A nossa proverbial humildade tem conduzido à dominância de uma leitura miserabilista e declarada como antinacional da decisão britânica sobre a retirada de Portugal da sua “lista verde” de países seguros, com alguns a salientarem adicionalmente os erros que cometemos e com que para tal também acabamos objetivamente por contribuir (está e estará por explicar tudo o que nos levou a trazer a final da Champions para o Porto, mas ninguém me tira da ideia a centralidade da saloia candidatura a mais um grande evento — o Mundial de 2030 —, recorrendo a um modo esgotado de fazer política para servir os interesses de posicionamento da atual FPF num quadro em que o acontecimento ocorrerá debaixo de uma subordinação ibérica que não parece justificar tanto ruído e risco).
Dito isto, é óbvio que o essencial está ailleurs e tem sobretudo a ver com a manifesta incompetência de Boris Johnson ao comando de um país com a história e a reputação do Reino Unido. Por um lado, e num plano mais conjuntural, a gestão da pandemia foi consabidamente desastrosa e continua a tolher o primeiro-ministro nas suas escolhas (sempre dúbias e revertíveis) perante o medo de novos surtos e variantes e de novas crises internas graves de saúde pública com reflexos na sua imagem. Com o deadline de um novo desconfinamento em 21 de junho a não facilitar a coisa.
Mas o que sobreleva, por outro lado, é o plano estrutural de um agente político sem convicções firmes que apostou tudo na mudança em favor do Brexit que a dada altura empreendeu e em toda a tática política antieuropeia que subsequentemente assumiu. Com efeito, BoJo vive hoje sob a obsessão de demonstrar aos seus concidadãos que essa sua opção foi acertada e que assim se vai revelando em todos e quaisquer momentos do seu quotidiano (porque o Reino Unido faz melhor do que a Europa e ele tudo procura fazer para minar o Continente, seja com as vacinas da AstraZeneca ou com a lista permissiva de circulação turística de que Portugal tinha sido uma exceção por descuido). Um tiro que necessariamente lhe irá sair pela culatra, mais cedo ou mais tarde, sendo que entretanto “o povo é que paga” nas várias dimensões em causa (incluindo uma tendencial obrigação de destinos nacionais de férias, especialmente apropriados a quem privilegia o “sol e praia”).

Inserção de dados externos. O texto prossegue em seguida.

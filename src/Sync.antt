-- ===== src/Sync.antt =====
-- internal/coresync/sync.go: one registration, heartbeat and desired-state cycle.
pub mod State
pub mod Files
pub mod Token
pub mod Identity
pub mod States
pub mod Stages
pub mod Outcome
pub mod Atomic
pub mod Secrets
pub mod Endpoint
pub mod Quiet
pub mod Kept
pub mod Enrollment
pub mod Persisted
pub mod Enabled
pub mod RoundTrip
pub mod Durable
pub mod Again
pub mod Requests
mod Tests
use lts_agent.Base.{
  ℕ, ◌+◌, ◌/◌, ◌%◌, Bool, true, false, ◌&&◌, ◌||◌, not, Bytes, List, [], ◌∷◌, ◌++◌, Option, none,
  some, lit, same, ◌==◌, if◌then◌else◌, within, all, map, is_empty,
}
use lts_agent.Go.Errors.{
  Error, text, state_not_found, is_state_not_found, is_not_exist, as_http, error_text, wrap, Result,
  ok, err,
}
use lts_agent.Go.Action.{Action, pure, lift, wrapped, ◌>>=◌, ◌>>◌}
use lts_agent.Go.Numbers.{ℤ, pos, show_nat}
use lts_agent.Go.Json.Value.{Value, str, num, obj, field, end}
use lts_agent.Client.{Client, no_target, into, do_json_with_bearer}
use lts_agent.Inventory.{Report, Core, Operation, DesiredState, Warning}
use lts_agent.Inventory.Json.{report_value, int_value}
use lts_agent.Desired
use lts_agent.Desired.{Document}
use lts_agent.Sync.Files.{
  Options, Dependencies, with_defaults, load_state, write_state, fingerprint, read_secret,
}
use lts_agent.Sync.Token.{StateDocument, unmarshal_registration, check_registration, path_escape}

abbrev pub registration_endpoint : Bytes
registration_endpoint = lit "v1/nodes/register"

abbrev pub desired_state_suffix : Bytes
desired_state_suffix = lit "/desired-state"

abbrev pub operation : Bool → Bytes → Operation
operation attempted status = record { attempted = attempted; status = status }

-- `emptyDesiredState`.
abbrev pub empty_desired_state : DesiredState
empty_desired_state = record {
  available = false;
  schema_version = pos 0;
  revision = [];
  roles = some [];
  capabilities = some [];
}

-- `sanitizeError`.
pub sanitize_error : Error → Bytes
sanitize_error e = elim (as_http e) [
  | some status ↦ lit "LTS Core returned HTTP " ++ show_nat status
  | none ↦ error_text e
]

abbrev pub warning : Bytes → Bytes → Warning
warning source message = record { source = source; message = message }

-- The report that goes on the wire.
abbrev pub snapshot : Report → Report
snapshot report = record report { desired_state = none; core = none }

registration_request : Bytes → Bytes → Report → Value
registration_request fingerprint agent_version report = obj (
    field (lit "schema_version") (int_value (pos 1)) (
      field (lit "node_fingerprint") (str fingerprint) (
        field (lit "agent_version") (str agent_version)
          (field (lit "inventory") (report_value report) end))))

heartbeat_request : Bytes → Bytes → Report → Value
heartbeat_request sent_at agent_version report = obj (
    field (lit "schema_version") (int_value (pos 1)) (
      field (lit "sent_at") (str sent_at) (
        field (lit "agent_version") (str agent_version)
          (field (lit "inventory") (report_value report) end))))

abbrev pub node_endpoint : Bytes → Bytes → Bytes
node_endpoint node_id suffix = lit "v1/nodes/" ++ (path_escape node_id ++ suffix)

-- What `Sync` returns.
abbrev pub Outcome : Type 0
Outcome = Core × Option DesiredState × List Warning

-- The result of the retrieval of the desired state.
pub observed : Core → List Warning → Result Document → Outcome
observed result warnings (err e) = (
  record result { desired_state = operation true (lit "failed") },
  some empty_desired_state,
  warnings ++ (warning (lit "core.desired_state") (sanitize_error e) ∷ []),
)
observed result warnings (ok document) = (
  record result { desired_state = operation true (lit "succeeded") },
  some (Desired.inventory document),
  warnings,
)

-- The result of the heartbeat.
pub beaten : Core → List Warning → Result (Unit {0}) → Core × List Warning
beaten result warnings (err e) = (
  record result { heartbeat = operation true (lit "failed") },
  warnings ++ (warning (lit "core.heartbeat") (sanitize_error e) ∷ []),
)
beaten result warnings (ok _) =
    (record result { heartbeat = operation true (lit "succeeded") }, warnings)

-- The warning about an enrollment token that could not be removed.
discarded : Result (Unit {0}) → List Warning
discarded (ok _) = []
discarded (err e) =
    if is_not_exist e
    then []
    else warning (lit "core.enrollment") (lit "remove consumed enrollment token: " ++ error_text e)
      ∷ []

abbrev started : Operation → Core
started registration = record {
  enabled = true;
  registered = false;
  node_id = [];
  registration = registration;
  heartbeat = operation false (lit "skipped");
  desired_state = operation false (lit "skipped");
}

abbrev pub registered_as : Operation → StateDocument → Core
registered_as registration state = record (started registration) {
  registered = true;
  node_id = state.node_id;
}

unfoldable pub disabled_core : Core
disabled_core = record {
  enabled = false;
  registered = false;
  node_id = [];
  registration = operation false (lit "disabled");
  heartbeat = operation false (lit "disabled");
  desired_state = operation false (lit "disabled");
}

module _ {W : Type 0} (client : Client W) (options : Options) (deps : Dependencies W) where
  -- The exchange of `register`, and the checks of the response.
  request_registration : Bytes → Bytes → Report → Action W StateDocument
  request_registration fingerprint token report = do
    response ←
        do_json_with_bearer client (lit "POST") registration_endpoint token
          (some (registration_request fingerprint options.agent_version (snapshot report)))
          (into unmarshal_registration)
    lift (check_registration response)

  pub register : Report → Action W StateDocument
  register report = do
    print ← fingerprint options deps
    token ← read_secret options deps options.enrollment_token_file (lit "enrollment token")
    state ← request_registration print token report
    wrapped (lit "persist Core state: ") (write_state options deps state)
    pure state

  pub heartbeat : Report → StateDocument → Action W (Unit {0})
  heartbeat report state w =
      let (sent_at, w') = deps.now w in
      do_json_with_bearer client (lit "POST") (node_endpoint state.node_id (lit "/heartbeat"))
        state.agent_token (some (heartbeat_request sent_at options.agent_version (snapshot report)))
        no_target w'

  pub desired_state : StateDocument → Action W Document
  desired_state state =
      do_json_with_bearer client (lit "GET") (node_endpoint state.node_id desired_state_suffix)
        state.agent_token none (into Desired.unmarshal)

  -- `Sync` from the retrieval of the desired state on.
  observe : Core → List Warning → StateDocument → W → Outcome × W
  observe result warnings state w =
      let reply = desired_state state w in (observed result warnings reply.0, reply.1)

  -- `Sync` from the heartbeat on.
  pub report_in : Report → Core → List Warning → StateDocument → W → Outcome × W
  report_in report result warnings state w =
      let reply = heartbeat report state w in
      let after = beaten result warnings reply.0 in
      if deps.cancelled reply.1
      then ((after.0, some empty_desired_state, after.1), reply.1)
      else observe after.0 after.1 state reply.1

  -- The removal of the enrollment token, after a registration.
  discard_token : W → List Warning × W
  discard_token w =
      let removed = deps.remove options.enrollment_token_file w in (discarded removed.0, removed.1)

  -- `Sync` behind the registration.
  enrolled : Report → Result StateDocument → W → Outcome × W
  enrolled report (err e) w = (
    (
      started (operation true (lit "failed")),
      some empty_desired_state,
      warning (lit "core.registration") (sanitize_error e) ∷ [],
    ),
    w,
  )
  enrolled report (ok state) w =
      let token = discard_token w in
      report_in report (registered_as (operation true (lit "succeeded")) state) token.0 state
        token.1

  -- `Sync` after `loadState` found no state.
  enroll : Report → W → Outcome × W
  enroll report w = let reply = register report w in enrolled report reply.0 reply.1

  -- `Sync` on the result of `loadState`.
  resume : Report → Result StateDocument → W → Outcome × W
  resume report (ok state) w =
      report_in report (registered_as (operation false (lit "not_needed")) state) [] state w
  resume report (err e) w = if is_state_not_found e then enroll report w else (
    (
      started (operation false (lit "failed")),
      some empty_desired_state,
      warning (lit "core.state") (sanitize_error e) ∷ [],
    ),
    w,
  )

  pub sync : Report → W → Outcome × W
  sync report w =
      let loaded = load_state options deps w in
      if options.enabled
      then resume report loaded.0 loaded.1
      else ((disabled_core, some empty_desired_state, []), w)

-- `New` and `Sync` on it: `deps` holds the functions of `os` and `time`.
unfoldable pub synchronizer :
    {W : Type 0} → Client W → Options → Dependencies W → Report → W → Outcome × W
synchronizer client options deps = sync client (with_defaults options) deps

Porque, e mais determinantemente, o que se vai sabendo em curso nas fronteiras do país é do foro do implacável (centros de detenção e recusas de entrada — 3294 no primeiro trimestre, seis vezes mais do que no homólogo de 2020 —, emissões de vistos limitadas a titulares de uma oferta de emprego com salário não inferior a 2500 euros mensais e sujeitas a taxas diferenciadas, expatriações ou ameaças delas para centenas de milhares de cidadãos europeus já residentes). Como se pode ler no “Le Monde” de hoje, “os "imigrantes" europeus no Reino Unido são, antes de mais nada, peões no tabuleiro de xadrez político britânico e uma moeda de troca no grande braço de ferro do Brexit que prossegue. Os maus-tratos infligidos aos europeus agradam a uma grande parte do eleitorado do Senhor Johnson, que sabe perfeitamente jogar com isso. O que igualmente muito se assemelha a uma mensagem dirigida por seu governo aos Vinte Sete, ao mesmo tempo que enormes contenciosos políticos e económicos — Irlanda do Norte, serviços financeiros, pescas — permanecem em cima da mesa.” Uma humilhação que, há que convir, os responsáveis nacionais dos países europeus mereceriam experimentar, não fora os seus impactos nos inocentes cidadãos europeus médios — veja-se o considerado “caso arrumado” das medidas que nuestros hermanos se preparavam para impor nas suas fronteiras com Portugal, verdadeiramente elucidativo do que aquele editorial intitulava como “xenofobia entre europeus”.